United States District Court, D. Colorado
MEMORANDUM OPINION AND ORDER
Nina
Y. Wang United States Magistrate Judge.
Magistrate
Judge Nina Y. Wang This matter comes before the court on
three motions filed by Defendant State Farm Mutual Automobile
Insurance Company (“State Farm” or
“Defendant”):
(1) Defendant's Motion for Summary Judgment [#30, filed
June 14, 2019];
(2) Defendant's Motion to Stay Discovery (“Motion
to Stay”) [#31, filed June 14, 2019]; and
(3) Defendant's Unopposed Motion for Leave to File Excess
Pages [#35, filed July 10, 2019].
The
undersigned Magistrate Judge considers the Motions pursuant
to 28 U.S.C. § 636(c) and the Order of Reference for all
purposes [#15]. This court concludes that oral argument will
not materially assist in the resolution of these matters.

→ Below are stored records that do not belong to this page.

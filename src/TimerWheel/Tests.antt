-- ===== src/TimerWheel/Tests.antt =====
-- TimerWheel on a ring that is a list.
use network_ydxlib.Base.{ℕ, ◌+◌, ◌≡◌, refl, some, none, List, [], ◌∷◌, ◌++◌, arith, drop}
use network_ydxlib.Base.Int.{pos}
use network_ydxlib.Timestamp.{Timestamp, time_difference_micro}
use network_ydxlib.TimerWheel.{
  Circular, IsCircular, TimerWheel, on_last, push_empty, push_empties, put_back, add_after,
  add_node, refresh_node,
}
use network_ydxlib.TimerWheel.Count.{count, age}
use network_ydxlib.TimerWheel.Deadline.{Call, adds, refreshes, after_calls}
use network_ydxlib.TimerWheel.Simulation.{buckets, calls, Shows, Shows-calls}
use network_ydxlib.TimerWheel.Expiry.{calls-due}

abbrev ring : Circular
ring = record {
  Buffer = List (List ℕ);
  elements = λ b. b;
  push_empty = λ b. drop 1 b ++ ([] ∷ []);
  put_back = on_last;
}

ring-IsCircular : IsCircular ring
ring-IsCircular = record { elements-push_empty = λ b. refl; elements-put_back = λ n b. refl }

abbrev at : ℕ → Timestamp
at n = record { micro_seconds_since_epoch = pos n }

-- Three buckets; node 1 is in two of them.
abbrev wheel : TimerWheel ring
wheel = record {
  node_circle_buf = (1 ∷ 2 ∷ []) ∷ (1 ∷ []) ∷ [] ∷ [];
  bucket_num = 3;
  time = at 5000;
  fired = [];
}

abbrev work : List Call
work = adds (at 6500) 3 ∷ refreshes 2 ∷ adds (at 7500) 4 ∷ []

-- Node 2 goes with the first bucket, node 1 with the second.
work-fired : (calls work wheel).fired ≡ 2 ∷ 1 ∷ []
unfolding add_node time_difference_micro add_after push_empties push_empty put_back refresh_node
work-fired = refl

-- A node that is refused fires at once.
late-fired : (calls (adds (at 3000) 9 ∷ []) wheel).fired ≡ 9 ∷ []
unfolding add_node time_difference_micro add_after
late-fired = refl

Shows-calls_example :
    Shows 3 2
      (calls work wheel)
      (after_calls 3 2 work (record { time = at 5000; age = some 2; fired = 0 }))
Shows-calls_example =
    Shows-calls ring-IsCircular 3 2 (omega arith) work wheel
      (record { time = at 5000; age = some 2; fired = 0 })
      (record { size = refl; times = refl; aged = refl; count_fired = refl })

calls-due_example :
    (age 1 (buckets (calls work wheel)) ≡ none) × (count 1 (calls work wheel).fired ≡ 0 + 1)
unfolding time_difference_micro
calls-due_example = calls-due ring-IsCircular 1 1 work wheel refl (refl, (refl, (refl, tt)))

Accordingly, having reviewed the Motion and associated
briefing, the applicable case law, and the entire docket, the
court DENIES Defendant's Motion for
Summary Judgment without prejudice, with leave to re-file and
DENIES AS MOOT the Motion to Stay and
Unopposed Motion for Leave to File Excess Pages.
BACKGROUND
This
civil action arises out of an insurance dispute between
Plaintiff James Roberts (“Plaintiff” or
“Mr. Roberts”) and his insurer State Farm.
See [#1; #28]. About February 2017, Plaintiff
sustained bodily injuries because of an automobile collision.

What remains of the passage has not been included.